◆ AIM OF THE TASK
Which lines below contain the word "outputs"? Copy each of them.

BEGIN

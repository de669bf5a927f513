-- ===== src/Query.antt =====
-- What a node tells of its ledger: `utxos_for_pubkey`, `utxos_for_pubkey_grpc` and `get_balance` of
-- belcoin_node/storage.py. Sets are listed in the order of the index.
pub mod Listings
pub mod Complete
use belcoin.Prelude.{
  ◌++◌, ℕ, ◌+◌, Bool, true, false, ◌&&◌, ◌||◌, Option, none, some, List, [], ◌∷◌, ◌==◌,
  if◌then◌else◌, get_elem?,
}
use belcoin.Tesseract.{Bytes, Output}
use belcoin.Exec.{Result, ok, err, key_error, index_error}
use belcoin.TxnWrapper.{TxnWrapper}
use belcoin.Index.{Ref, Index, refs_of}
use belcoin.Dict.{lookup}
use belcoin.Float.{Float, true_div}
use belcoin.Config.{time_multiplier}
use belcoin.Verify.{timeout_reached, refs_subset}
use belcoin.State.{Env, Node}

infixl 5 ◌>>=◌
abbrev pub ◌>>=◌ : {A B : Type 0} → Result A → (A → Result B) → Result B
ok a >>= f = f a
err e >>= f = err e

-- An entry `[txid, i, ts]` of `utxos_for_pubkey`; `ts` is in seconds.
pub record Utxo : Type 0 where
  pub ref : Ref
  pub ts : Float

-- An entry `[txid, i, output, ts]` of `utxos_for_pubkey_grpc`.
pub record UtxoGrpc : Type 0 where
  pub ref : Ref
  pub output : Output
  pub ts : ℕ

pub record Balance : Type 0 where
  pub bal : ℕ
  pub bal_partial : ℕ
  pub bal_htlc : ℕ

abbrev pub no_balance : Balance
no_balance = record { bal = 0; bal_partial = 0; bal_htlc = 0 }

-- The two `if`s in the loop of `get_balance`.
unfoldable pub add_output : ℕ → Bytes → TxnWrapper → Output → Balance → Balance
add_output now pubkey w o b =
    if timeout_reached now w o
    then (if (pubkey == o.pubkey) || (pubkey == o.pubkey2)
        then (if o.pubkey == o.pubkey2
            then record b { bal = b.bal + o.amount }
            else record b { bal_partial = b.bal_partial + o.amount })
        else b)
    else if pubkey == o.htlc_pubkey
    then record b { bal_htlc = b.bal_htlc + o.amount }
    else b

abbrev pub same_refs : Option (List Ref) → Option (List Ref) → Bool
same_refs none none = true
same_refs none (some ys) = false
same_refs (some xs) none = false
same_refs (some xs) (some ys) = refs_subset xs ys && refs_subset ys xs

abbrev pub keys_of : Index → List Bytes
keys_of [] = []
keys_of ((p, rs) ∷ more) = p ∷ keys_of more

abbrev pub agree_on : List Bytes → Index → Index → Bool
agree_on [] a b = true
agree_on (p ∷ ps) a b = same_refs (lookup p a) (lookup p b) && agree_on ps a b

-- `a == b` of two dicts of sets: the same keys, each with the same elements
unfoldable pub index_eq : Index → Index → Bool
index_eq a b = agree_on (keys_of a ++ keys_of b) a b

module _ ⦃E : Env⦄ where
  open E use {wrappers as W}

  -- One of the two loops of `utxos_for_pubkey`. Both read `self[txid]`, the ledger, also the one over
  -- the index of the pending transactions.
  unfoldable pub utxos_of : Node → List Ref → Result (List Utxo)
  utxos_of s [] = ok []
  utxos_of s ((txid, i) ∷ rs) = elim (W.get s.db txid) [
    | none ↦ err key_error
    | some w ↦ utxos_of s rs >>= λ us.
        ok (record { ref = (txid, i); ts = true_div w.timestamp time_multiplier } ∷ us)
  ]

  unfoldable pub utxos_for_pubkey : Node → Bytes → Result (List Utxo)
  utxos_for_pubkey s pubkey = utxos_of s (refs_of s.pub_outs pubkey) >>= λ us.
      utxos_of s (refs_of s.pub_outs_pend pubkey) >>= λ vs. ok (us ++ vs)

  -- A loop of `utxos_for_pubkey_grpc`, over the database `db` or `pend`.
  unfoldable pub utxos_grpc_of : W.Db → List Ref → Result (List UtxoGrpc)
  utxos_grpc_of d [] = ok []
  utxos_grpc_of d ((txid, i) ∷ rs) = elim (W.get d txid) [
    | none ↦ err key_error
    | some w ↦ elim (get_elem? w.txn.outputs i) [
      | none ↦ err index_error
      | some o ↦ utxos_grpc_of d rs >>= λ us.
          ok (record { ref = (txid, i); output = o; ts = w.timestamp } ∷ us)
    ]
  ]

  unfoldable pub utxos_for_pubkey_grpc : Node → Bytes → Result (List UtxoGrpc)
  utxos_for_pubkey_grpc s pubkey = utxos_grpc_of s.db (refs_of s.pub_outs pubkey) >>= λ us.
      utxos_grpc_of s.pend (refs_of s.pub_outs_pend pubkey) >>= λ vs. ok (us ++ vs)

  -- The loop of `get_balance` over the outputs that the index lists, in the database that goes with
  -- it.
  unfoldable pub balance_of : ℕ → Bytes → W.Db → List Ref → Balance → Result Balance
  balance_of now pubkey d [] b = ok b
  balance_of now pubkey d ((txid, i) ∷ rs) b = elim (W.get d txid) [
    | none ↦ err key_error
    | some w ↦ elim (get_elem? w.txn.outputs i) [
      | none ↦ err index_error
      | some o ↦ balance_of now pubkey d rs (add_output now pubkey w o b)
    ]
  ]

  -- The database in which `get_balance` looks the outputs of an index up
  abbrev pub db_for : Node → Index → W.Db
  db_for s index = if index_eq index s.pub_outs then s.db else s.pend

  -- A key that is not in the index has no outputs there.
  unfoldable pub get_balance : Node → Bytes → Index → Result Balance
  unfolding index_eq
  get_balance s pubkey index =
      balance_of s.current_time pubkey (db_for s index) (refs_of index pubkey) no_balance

END

◆ RESPONSE TO THIS EXERCISE
    | some w ↦ elim (get_elem? w.txn.outputs i) [
  -- The loop of `get_balance` over the outputs that the index lists, in the database that goes with
    | some w ↦ elim (get_elem? w.txn.outputs i) [
  -- The database in which `get_balance` looks the outputs of an index up
  -- A key that is not in the index has no outputs there.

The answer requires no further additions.